There were 477 households, of which 38.6% had children under the age of 18 living with them, 43.0% were married couples living together, 26.0% had a female householder with no husband present, and 26.0% were non-families. 23.9% of all households were made up of individuals, and 11.1% had someone living alone who was 65 years of age or older. The average household size was 2.76 and the average family size was 3.29.

Age distribution was 34.8% under the age of 18, 7.6% from 18 to 24, 24.8% from 25 to 44, 21.1% from 45 to 64, and 11.7% who were 65 years of age or older. The median age was 31 years. For every 100 females, there were 87.1 males. For every 100 females age 18 and over, there were 78.2 males.

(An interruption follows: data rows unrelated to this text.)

-- ===== src/Device/Touch/Follows.antt =====
-- What is reached when nothing fails: the state that was asked for last.
use mathlib.Core.Path.{subst}
use mercury_farm.Base.{
  ℕ, ◌-◌, ◌≡◌, refl, sym, ap, ◌∙◌, Bool, true, false, not, ◌&&◌, ◌||◌, Option, none, some, List, [],
  ◌∷◌, ◌++◌, arith, ◌==◌, if-cases, is_some, All,
}
use mercury_farm.Util.StateQueue.{empty}
use mercury_farm.Util.StateQueue.Unique.{last}
use mercury_farm.Device.Touch.{
  finish_stop, released, start_with, destroy, Step, starts, stops, configures, touches, stream_ends,
  immediate, recovers, restart_stops, destroys, service_starts, connects, banner_arrives,
  start_breaks, failing_ends, stopping_ends, is_at, step, run,
}
use mercury_farm.Device.Touch.State.{
  Running, stopped, starting, started, stopping, Banner, Writer, Op, service, connecting,
  reading_banner, ending, Consumer, new, perform, queue_write, queue_at, needs_banner, flush,
  process_write_queue, state_started, state_stopped,
}
use mercury_farm.Device.Touch.Locks.{is_rest, IsLocked, Locks, run-Locks, no_op, is_at-lock}
use mercury_farm.Device.Touch.Aims.{
  state_of, number_of, is_rest-number_of, aim, or_aim, IsState, is_failing, Follows,
  ensure_state-Follows, desire-Follows,
}

abbrev pub want_of : ℕ → Step → ℕ
want_of wanted starts = state_started
want_of wanted stops = state_stopped
want_of wanted _ = wanted

-- what was asked for last
abbrev pub wanted_after : ℕ → List Step → ℕ
wanted_after wanted [] = wanted
wanted_after wanted (t ∷ steps) = wanted_after (want_of wanted t) steps

-- the requests, the touches, and what comes of an operation that does not fail
abbrev pub is_smooth : Step → Bool
is_smooth configures = false
is_smooth (stream_ends now) = false
is_smooth recovers = false
is_smooth restart_stops = false
is_smooth Step.limit_stops = false
is_smooth (start_breaks c) = false
is_smooth (failing_ends now) = false
is_smooth _ = true

abbrev pub are_smooth : List Step → Bool
are_smooth [] = true
are_smooth (t ∷ steps) = is_smooth t && are_smooth steps

pub flush-same :
    (ws : List Writer) (s : Consumer)
    → (c : List (Writer × Option Banner)) × (flush ws s ≡ record s { written = c })
unfolding flush perform
flush-same [] s = (s.written, refl)
flush-same (w ∷ ws) s =
    if-cases
      (λ (t : Consumer).
        (c : List (Writer × Option Banner)) × (flush ws t ≡ record s { written = c }))
      (s.socket && (not (needs_banner w) || is_some s.banner))
      (λ _. flush-same ws (record s { written = s.written ++ (w, s.banner) ∷ [] }))
      (λ _. flush-same ws s)

reading_aims :
    (op : Option Op) (r : Running) → is_at reading_banner op ≡ true → state_started ≡ aim op r
reading_aims op r h = ground (arith, h)

service_aims : (op : Option Op) (r : Running) → is_at service op ≡ true → state_started ≡ aim op r
service_aims op r h = ground (arith, h)

connecting_aims :
    (op : Option Op) (r : Running) → is_at connecting op ≡ true → state_started ≡ aim op r
connecting_aims op r h = ground (arith, h)

ending_aims : (op : Option Op) (r : Running) → is_at ending op ≡ true → state_stopped ≡ aim op r
ending_aims op r h = ground (arith, h)

module _ (wanted : ℕ) (s : Consumer) (i : Follows wanted s) where
  moved-Follows :
      (t : Consumer)
      → IsLocked t
      → t.failed ≡ s.failed
      → is_failing t.op ≡ false
      → not (is_at reading_banner t.op) || t.socket ≡ true
      → t.desired ≡ s.desired
      → aim t.op t.running ≡ aim s.op s.running
      → Follows wanted t
  moved-Follows t l f n k d e = record {
    of_lock = l;
    of_failed = f ∙ i.of_failed;
    of_failing = n;
    of_socket = k;
    of_states = subst (All IsState) (sym d) i.of_states;
    of_aim =
        ap (λ (q : List ℕ). or_aim (last q) (aim t.op t.running)) d
        ∙ (ap (or_aim (last s.desired)) e ∙ i.of_aim);
  }

  same-Follows :
      (t : Consumer)
      → t.lock ≡ s.lock
      → t.op ≡ s.op
      → t.running ≡ s.running
      → t.failed ≡ s.failed
      → t.socket ≡ s.socket
      → t.desired ≡ s.desired
      → Follows wanted t
  same-Follows t l o r f k d =
      moved-Follows t
        (record {
          of_op = l ∙ (i.of_lock.of_op ∙ ap is_some (sym o));
          of_rest = ground (arith, l, r, i.of_lock.of_rest);
        })
        f (ap is_failing o ∙ i.of_failing)
        (ap (λ (c : Bool). not (is_at reading_banner t.op) || c) k
          ∙ (ap (λ (x : Option Op). not (is_at reading_banner x) || s.socket) o ∙ i.of_socket))
        d (ap (λ (x : Option Op). aim x t.running) o ∙ ap (aim s.op) r)

  -- a step within an operation
  going-Follows :
      (t : Consumer)
      → s.lock ≡ true
      → t.lock ≡ s.lock
      → t.failed ≡ s.failed
      → is_failing t.op ≡ false
      → not (is_at reading_banner t.op) || t.socket ≡ true
      → is_some t.op ≡ true
      → t.desired ≡ s.desired
      → aim t.op t.running ≡ aim s.op s.running
      → Follows wanted t
  going-Follows t l e f n k o d a =
      moved-Follows t
        (record {
          of_op = e ∙ (l ∙ sym o);
          of_rest = ap (λ (c : Bool). c || is_rest t.running) (e ∙ l);
        })
        f n k d a

  -- what is under way ends in a state of rest that it aimed at
  released-Follows :
      (t : Consumer)
      → is_rest t.running ≡ true
      → t.failed ≡ false
      → t.desired ≡ s.desired
      → state_of t.running ≡ aim s.op s.running
      → Follows wanted (released t)
  unfolding released
  released-Follows t r f d e =
      ensure_state-Follows wanted (record t { lock = false; op = none })
        (record {
          of_lock = record { of_op = refl; of_rest = r };
          of_failed = f;
          of_failing = refl;
          of_socket = refl;
          of_states = subst (All IsState) (sym d) i.of_states;
          of_aim =
              ap (λ (q : List ℕ). or_aim (last q) (state_of t.running)) d
              ∙ (ap (or_aim (last s.desired)) e ∙ i.of_aim);
        })

  start_with-Follows :
      (b : Banner) → is_at reading_banner s.op ≡ true → Follows wanted (start_with b s)
  unfolding start_with process_write_queue
  start_with-Follows b h =
      let t : Consumer = record s { banner = some b; write_queue = [] } in
      let (c, e) = flush-same s.write_queue t in
      if-cases (Follows wanted) s.socket
        (λ _.
          subst (λ (u : Consumer). Follows wanted (released (record u { running = started })))
            (sym e)
            (released-Follows (record t { written = c; running = started }) refl i.of_failed refl
              (reading_aims s.op s.running h)))
        (λ n. absurd (ground (arith, h, n, i.of_socket)))

  queue_at-Follows : (r : Running) (w : Writer) → Follows wanted (queue_at r w s)
  unfolding queue_at perform
  queue_at-Follows started w =
      if-cases (Follows wanted) (s.socket && (not (needs_banner w) || is_some s.banner))
        (λ _. same-Follows _ refl refl refl refl refl refl) (λ _. i)
  queue_at-Follows stopped w = same-Follows _ refl refl refl refl refl refl
  queue_at-Follows starting w = same-Follows _ refl refl refl refl refl refl
  queue_at-Follows stopping w = same-Follows _ refl refl refl refl refl refl

  pub step-Follows : (t : Step) → is_smooth t ≡ true → Follows (want_of wanted t) (step t s)
  unfolding step queue_write destroy
  step-Follows starts m = desire-Follows wanted state_started s refl i
  step-Follows stops m = desire-Follows wanted state_stopped s refl i
  step-Follows configures m = cc
  step-Follows (touches w) m = queue_at-Follows s.running w
  step-Follows (stream_ends now) m = cc
  step-Follows immediate m =
      if-cases (Follows wanted) (s.immediates == 0) (λ _. i)
        (λ _.
          ensure_state-Follows wanted (record s { immediates = s.immediates - 1 })
            (same-Follows _ refl refl refl refl refl refl))
  step-Follows recovers m = cc
  step-Follows restart_stops m = cc
  step-Follows Step.limit_stops m = cc
  step-Follows destroys m = same-Follows _ refl refl refl refl refl refl
  step-Follows service_starts m =
      if-cases (Follows wanted) (is_at service s.op)
        (λ h.
          going-Follows _ (is_at-lock service s.op s.lock i.of_lock.of_op h) refl refl refl refl
            refl refl (service_aims s.op s.running h))
        (λ _. i)
  step-Follows connects m =
      if-cases (Follows wanted) (is_at connecting s.op)
        (λ h.
          going-Follows _ (is_at-lock connecting s.op s.lock i.of_lock.of_op h) refl refl refl refl
            refl refl (connecting_aims s.op s.running h))
        (λ _. i)
  step-Follows (banner_arrives b) m =
      if-cases (Follows wanted) (is_at reading_banner s.op) (start_with-Follows b) (λ _. i)
  step-Follows (start_breaks c) m = cc
  step-Follows (failing_ends now) m = cc
  step-Follows stopping_ends m =
      if-cases (Follows wanted) (is_at ending s.op)
        (λ h. released-Follows (finish_stop s) refl i.of_failed refl (ending_aims s.op s.running h))
        (λ _. i)

pub new-Follows : Follows state_stopped new
unfolding new
new-Follows = record {
  of_lock = record { of_op = refl; of_rest = refl };
  of_failed = refl;
  of_failing = refl;
  of_socket = refl;
  of_states = tt;
  of_aim = refl;
}

empty-nil : (queue : List ℕ) → empty queue ≡ true → queue ≡ []
unfolding empty
empty-nil [] h = refl
empty-nil (d ∷ queue) h = cc

pub run-from :
    (steps : List Step) (wanted : ℕ) (s : Consumer)
    → are_smooth steps ≡ true
    → Follows wanted s
    → Follows (wanted_after wanted steps) (run steps s)
unfolding run
run-from [] wanted s m i = i
run-from (t ∷ steps) wanted s m i =
    run-from steps (want_of wanted t) (step t s) (ground arith)
      (step-Follows wanted s i t (ground arith))

pub rest_at :
    (wanted : ℕ) (s : Consumer)
    → Follows wanted s
    → Locks s
    → s.lock ≡ false
    → s.immediates ≡ 0
    → number_of s.running ≡ wanted
rest_at wanted s i l u z =
    let none_left : s.desired ≡ [] =
      empty-nil s.desired (ground (arith, l.of_desired, i.of_failed, u, z)) in
    let idle : s.op ≡ none = no_op s.op (sym u ∙ i.of_lock.of_op) in
    is_rest-number_of s.running (ground (arith, l.is_locked.of_rest, u))
    ∙ (ap (λ (o : Option Op). aim o s.running) (sym idle)
        ∙ (ap (λ (q : List ℕ). or_aim (last q) (aim s.op s.running)) (sym none_left) ∙ i.of_aim))

-- After any requests, touches and ends of operations of which none fails, a consumer with no lock
-- held and no call of `_ensureState` to come is in the state that was asked for last, or stopped
-- if none was.
pub run-follows :
    (steps : List Step)
    → are_smooth steps ≡ true
    → (run steps new).lock ≡ false
    → (run steps new).immediates ≡ 0
    → number_of (run steps new).running ≡ wanted_after state_stopped steps
run-follows steps m =
    rest_at (wanted_after state_stopped steps) (run steps new)
      (run-from steps state_stopped new m new-Follows) (run-Locks steps)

The median household income was $20,304, and the median family income was $23,906. Males had a median income of $22,375 versus $18,698 for females. The per capita income for the town was $9,060. About 30.7% of families and 32.4% of the population were below the poverty line, including 37.7% of those under age 18 and 30.3% of those age 65 or over.

==Education==
Public education for elementary and secondary students is provided by the Rivercrest School District (formerly the Southern Mississippi County School District), which includes the Southern Mississippi County Elementary School at Luxora (prekindergarten through grade 4). Students graduate from Rivercrest High School located near Wilson.

On July 1, 1986, the Luxora School District consolidated into the Southern Mississippi County School District.